**Directions:** Look below for the line containing "let lift : supply"; from there through the line containing "let grown : (held", both lines included, please set down each line exactly and nothing else.

Saved data entries:
=== Section Start ===

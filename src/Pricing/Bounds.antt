-- ===== src/Pricing/Bounds.antt =====
-- What the rounded amounts are worth. `one` is the scale of the decimals and `r` the rate, both
-- positive; `a * one / r` is the exact price, in units of `1 / one`.
use native.Mathlib.Nat.{mul-le-mul_right, add-mul, mul-sub, mul_comm}
use cavern_lsd_wrapper.Base.{ℕ, zero, suc, ap, ◌∙◌, ◌+◌, ◌*◌, ◌/◌, ◌-◌, ◌<◌, ◌≤◌, ◌≡◌, arith}
use cavern_lsd_wrapper.Base.Floor.{div-mul-le, lt-suc-div-mul}

-- The amounts that the code computes for a mint of `a`, and for a burn of `a`.
abbrev pub mint_charge : ℕ → ℕ → ℕ → ℕ
mint_charge one r a = (a * one * one / r + one) / one

abbrev pub burn_payout : ℕ → ℕ → ℕ → ℕ
burn_payout one r a = a * one * one / r / one

-- The tokens issued for a deposit of `a`.
abbrev pub issue_amount : ℕ → ℕ → ℕ → ℕ
issue_amount one r a = a * one * r / one / one

-- Cancellation, in the form that the bounds need.
pub lt_of_mul_lt : (a b c : ℕ) → a * c < b * c → a < b
lt_of_mul_lt a b c h = grind arith

pub le_of_mul_le : (a b c : ℕ) → 0 < c → a * c ≤ b * c → a ≤ b
le_of_mul_le a b c pos h = grind arith

module _ (one r a : ℕ) (one_pos : 0 < one) (r_pos : 0 < r) where
  -- What is charged is worth more than the amount, and less than one unit more than it.
  pub mint_charge-covers : a * one < mint_charge one r a * r
  mint_charge-covers =
      let q = a * one * one / r in
      let c = (q + one) / one in
      let above : a * one * one < (q + 1) * r = lt-suc-div-mul (a * one * one) r r_pos in
      let up : q + one < (c + 1) * one = lt-suc-div-mul (q + one) one one_pos in
      let lift : (q + 1) * r ≤ c * one * r = mul-le-mul_right r (omega arith) in
      lt_of_mul_lt (a * one) (c * r) one (omega arith)

  pub mint_charge-tight : mint_charge one r a * r ≤ a * one + r
  mint_charge-tight =
      let q = a * one * one / r in
      let c = (q + one) / one in
      let below : q * r ≤ a * one * one = div-mul-le (a * one * one) r in
      let down : c * one ≤ q + one = div-mul-le (q + one) one in
      let lift : c * one * r ≤ (q + one) * r = mul-le-mul_right r down in
      le_of_mul_le (c * r) (a * one + r) one one_pos (omega arith)

  -- What is paid out is worth no more than the amount, and one unit more would be worth more.
  pub burn_payout-le : burn_payout one r a * r ≤ a * one
  burn_payout-le =
      let q = a * one * one / r in
      let c = q / one in
      let below : q * r ≤ a * one * one = div-mul-le (a * one * one) r in
      let lift : c * one * r ≤ q * r = mul-le-mul_right r (div-mul-le q one) in
      le_of_mul_le (c * r) (a * one) one one_pos (omega arith)

  pub burn_payout-tight : a * one < (burn_payout one r a + 1) * r
  burn_payout-tight =
      let q = a * one * one / r in
      let c = q / one in
      let above : a * one * one < (q + 1) * r = lt-suc-div-mul (a * one * one) r r_pos in
      let up : q < (c + 1) * one = lt-suc-div-mul q one one_pos in
      let lift : (q + 1) * r ≤ (c + 1) * one * r = mul-le-mul_right r (omega arith) in
      lt_of_mul_lt (a * one) ((c + 1) * r) one (omega arith)

module _ (one r a : ℕ) (one_pos : 0 < one) where
  pub issue_amount-le : issue_amount one r a * one ≤ a * r
  issue_amount-le =
      let q = a * one * r / one in
      let below : q * one ≤ a * one * r = div-mul-le (a * one * r) one in
      let whole_part : q ≤ a * r = le_of_mul_le q (a * r) one one_pos (omega arith) in
      omega (arith, div-mul-le q one)

  pub issue_amount-tight : a * r < (issue_amount one r a + 1) * one
  issue_amount-tight =
      let q = a * one * r / one in
      let above : a * one * r < (q + 1) * one = lt-suc-div-mul (a * one * r) one one_pos in
      let whole_part : a * r < q + 1 = lt_of_mul_lt (a * r) (q + 1) one (omega arith) in
      let up : q < (q / one + 1) * one = lt-suc-div-mul q one one_pos in omega arith

-- What a decompounding takes out: the wrapped tokens that the supply does not need, less one.
abbrev pub spare_tokens : ℕ → ℕ → ℕ → ℕ → ℕ
spare_tokens one r held supply = (held * one - supply * one * one / r) / one

module _ (one r held supply : ℕ) (one_pos : 0 < one) (r_pos : 0 < r) where
  -- With `n` spare tokens, of which one stays, the `k` tokens that stay back the supply.
  left_backed :
      (n z k : ℕ)
      → k + (n - 1) ≡ held
      → n * one + z ≤ held * one
      → supply * one * one < (z + 1) * r
      → supply * one ≤ held * r
      → supply * one ≤ k * r
  left_backed zero z k e fits above backed = let same : k ≡ held = omega arith in rw same backed
  left_backed (suc m) z k e fits above backed =
      let total : held * one ≡ k * one + m * one =
        ap (λ (t : ℕ). t * one) {x = held} {y = k + m} (omega arith) ∙ add-mul k m one in
      let room : z + 1 ≤ k * one = omega arith in
      let lift : (z + 1) * r ≤ k * one * r = mul-le-mul_right r room in
      let strict : supply * one < k * r = lt_of_mul_lt (supply * one) (k * r) one (omega arith) in
      omega arith

  -- The supply of a backed wrapper needs no more than what is held.
  pub needed-le-held : supply * one ≤ held * r → supply * one * one / r ≤ held * one
  needed-le-held backed =
      let z = supply * one * one / r in
      let below : z * r ≤ supply * one * one = div-mul-le (supply * one * one) r in
      let lift : supply * one * one ≤ held * r * one = mul-le-mul_right one backed in
      le_of_mul_le z (held * one) r r_pos (omega arith)

  pub spare_tokens-le : spare_tokens one r held supply ≤ held
  spare_tokens-le =
      let w = held * one - supply * one * one / r in
      le_of_mul_le (w / one) held one one_pos (omega (arith, div-mul-le w one))

  -- What stays backs the supply.
  pub spare_tokens-backed :
      supply * one ≤ held * r → supply * one ≤ (held - (spare_tokens one r held supply - 1)) * r
  spare_tokens-backed backed =
      let z = supply * one * one / r in
      let n = (held * one - z) / one in
      let room : z ≤ held * one = needed-le-held backed in
      let down : n * one ≤ held * one - z = div-mul-le (held * one - z) one in
      let above : supply * one * one < (z + 1) * r = lt-suc-div-mul (supply * one * one) r r_pos in
      left_backed n z (held - (n - 1)) (omega (arith, spare_tokens-le)) (omega arith) above backed

  -- Not more than the value of two wrapped tokens stays beyond what backs the supply.
  pub spare_tokens-tight :
      supply * one ≤ held * r → (held - (spare_tokens one r held supply - 1 + 2)) * r ≤ supply * one
  spare_tokens-tight backed =
      let z = supply * one * one / r in
      let n = (held * one - z) / one in
      let room : z ≤ held * one = needed-le-held backed in
      let up : held * one - z < (n + 1) * one = lt-suc-div-mul (held * one - z) one one_pos in
      let below : z * r ≤ supply * one * one = div-mul-le (supply * one * one) r in
      let fewer : held - (n - 1 + 2) ≤ held - (n + 1) = omega arith in
      let grown : (held - (n - 1 + 2)) * r ≤ (held - (n + 1)) * r = mul-le-mul_right r fewer in
      let kept : (held - (n + 1)) * one ≤ z = kept_below n z up in
      let lift : (held - (n + 1)) * one * r ≤ z * r = mul-le-mul_right r kept in
      let fin : (held - (n + 1)) * r ≤ supply * one =
        le_of_mul_le ((held - (n + 1)) * r) (supply * one) one one_pos (omega arith) in
      omega arith
    where
      kept_below : (n z : ℕ) → held * one - z < (n + 1) * one → (held - (n + 1)) * one ≤ z
      kept_below n z up = omega (arith, mul_comm (held - (n + 1)) one, mul-sub one held (n + 1))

=== Section End ===

**Solution to this task:**
      let lift : supply * one * one ≤ held * r * one = mul-le-mul_right one backed in
      le_of_mul_le z (held * one) r r_pos (omega arith)

  pub spare_tokens-le : spare_tokens one r held supply ≤ held
  spare_tokens-le =
      let w = held * one - supply * one * one / r in
      le_of_mul_le (w / one) held one one_pos (omega (arith, div-mul-le w one))

  -- What stays backs the supply.
  pub spare_tokens-backed :
      supply * one ≤ held * r → supply * one ≤ (held - (spare_tokens one r held supply - 1)) * r
  spare_tokens-backed backed =
      let z = supply * one * one / r in
      let n = (held * one - z) / one in
      let room : z ≤ held * one = needed-le-held backed in
      let down : n * one ≤ held * one - z = div-mul-le (held * one - z) one in
      let above : supply * one * one < (z + 1) * r = lt-suc-div-mul (supply * one * one) r r_pos in
      left_backed n z (held - (n - 1)) (omega (arith, spare_tokens-le)) (omega arith) above backed

  -- Not more than the value of two wrapped tokens stays beyond what backs the supply.
  pub spare_tokens-tight :
      supply * one ≤ held * r → (held - (spare_tokens one r held supply - 1 + 2)) * r ≤ supply * one
  spare_tokens-tight backed =
      let z = supply * one * one / r in
      let n = (held * one - z) / one in
      let room : z ≤ held * one = needed-le-held backed in
      let up : held * one - z < (n + 1) * one = lt-suc-div-mul (held * one - z) one one_pos in
      let below : z * r ≤ supply * one * one = div-mul-le (supply * one * one) r in
      let fewer : held - (n - 1 + 2) ≤ held - (n + 1) = omega arith in
      let grown : (held - (n - 1 + 2)) * r ≤ (held - (n + 1)) * r = mul-le-mul_right r fewer in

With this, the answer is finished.